Yesterday, President Trump issued a travel ban from the twenty-six European nations that make up the “Schengen Area.” The United Kingdom is not covered by the proclamation. The proclamation excludes lawful permanent residents (LPRs), as well as certain close family members of citizens and LPRs.
The Proclamation relied on 8 U.S.C. 1182(f). The Supreme Court considered this provision in Trump v. Hawaii. Chief Justice Roberts’s decision opined on the risk of epidemics.
You can hear Roberts’s announcement from the bench (via Oyez):
“Now, in addition to the text of 1152(a), which references the act of visa issuance alone, commonsense and historical practice confirm that the provision does not limit the President’s authority under Section 1182 to determine who may enter the country. In response to diplomatic disputes both President Carter and President Reagan broadly suspended entry on the basis of nationality. And on plaintiffs’ reading the President would not be able to suspend entry from a particular country in the event of an epidemic in that country or even if the United States were on the brink of war with that country. In sum, the proclamation is squarely within the scope of the President’s authority under the INA.”
Here is full excerpt from the opinion:
Common sense and historical practice confirm as much. Section 1152(a)(1)(A) has never been treated as a constraint on the criteria for admissibility in § 1182. Presidents have repeatedly exercised their authority to suspend entry on the basis of nationality. As noted, President Reagan relied on § 1182(f) to suspend entry “as immigrants by all Cuban nationals,” subject to exceptions. Proclamation No. 5517, 51 Fed. Reg. 30470 (1986). Likewise, President Carter invoked § 1185(a)(1) to deny and revoke visas to all Iranian nationals. See Exec. Order No. 12172, 3 C.F.R. 461 (1979), as amended by Exec. Order No. 12206, 3 C.F.R. 249 (1980); Public Papers of the Presidents, Jimmy Carter, Sanctions Against Iran, Vol. 1, Apr. 7, 1980, pp. 611-612 (1980); see also n. 1, supra.
On plaintiffs’ reading, those orders were beyond the President’s authority. The entry restrictions in the Proclamation on North Korea (which plaintiffs do not challenge in this litigation) would also be unlawful. Nor would the President be permitted to suspend entry from particular foreign states in response to an epidemic confined to a single region, or a verified terrorist threat involving nationals of a specific foreign nation, or even if the United States were on the brink of war.

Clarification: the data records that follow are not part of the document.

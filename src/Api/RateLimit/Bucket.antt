-- ===== src/Api/RateLimit/Bucket.antt =====
-- What `prune` keeps of one bucket, for src/api/middleware/rate_limit.py.
use agentic_engineering_url.Prelude.{
  ℕ, ◌+◌, ◌-◌, ◌≤◌, ◌<◌, ◌≡◌, refl, inl, inr, List, [], ◌∷◌, ◌++◌, arith, ltb, Bool-cases, length,
  length-append, All,
}
use agentic_engineering_url.Api.RateLimit.{window, prune}

pub prune-prune :
    (now later : ℕ) (ts : List ℕ) → now ≤ later → prune later (prune now ts) ≡ prune later ts
unfolding prune
prune-prune now later [] h = refl
prune-prune now later (t ∷ ts) h = ground (arith, prune-prune now later ts)

pub length-prune-append_new :
    (now t : ℕ) (ts : List ℕ)
    → now ≤ t + window
    → length (prune now (ts ++ t ∷ [])) ≡ length (prune now ts) + 1
unfolding prune
length-prune-append_new now t [] h = ground arith
length-prune-append_new now t (u ∷ ts) h =
    ground (arith, length-prune-append_new now t ts, length-append ts (t ∷ []))

pub prune-All : (now : ℕ) (ts : List ℕ) → All (λ t. t + window < now) ts → prune now ts ≡ []
unfolding prune
prune-All now [] h = refl
prune-All now (t ∷ ts) h = ground (arith, prune-All now ts)

pub All-prune : (P : ℕ → Type 0) (now : ℕ) (ts : List ℕ) → All P ts → All P (prune now ts)
unfolding prune
All-prune P now [] h = tt
All-prune P now (t ∷ ts) h = elim (Bool-cases (ltb window (now - t))) [
  | inl e ↦ rw e (All-prune P now ts h.1)
  | inr e ↦ rw e h
]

In a reprise of their § 1182(f) argument, plaintiffs attempt to soften their position by falling back on an implicit exception for Presidential actions that are “closely drawn” to address “specific fast-breaking exigencies.” Brief for Respondents 60-61. Yet the absence of any textual basis for such an exception more likely indicates that Congress did not intend for § 1152(a)(1)(A) to limit the President’s flexible authority to suspend entry based on foreign policy interests. In addition, plaintiffs’ proposed exigency test would require courts, rather than the President, to determine whether a foreign government’s conduct rises to the level that would trigger a supposed implicit exception to a federal statute. See Reno v. American-Arab Anti-Discrimination Comm., 525 U.S. 471, 491, 119 S.Ct. 936, 142 L.Ed.2d 940 (1999) (explaining that even if the Executive “disclose[d] its . . . reasons for deeming nationals of a particular country a special threat,” courts would be “unable to assess their adequacy”). The text of § 1152(a)(1)(A) offers no standards that would enable courts to assess, for example, whether the situation in North Korea justifies entry restrictions while the terrorist threat in Yemen does not.
I scanned the SG’s briefs, and did not see any obvious reference to epidemics. This argument may have come from Roberts himself, or from someone else in the majority.
Some critics of the travel ban have argued that Section 1182(f) is unconstitutional on its face. For example, my co-blogger Ilya Somin wrote that 1182(f) may violate the nondelegation doctrine. If so, then President Trump would lack the statutory authority to suspend entry from foreign countries.
I still maintain that the President would have an Article II power in this context to suspend entry, and the existence of this statute merely confirms that power.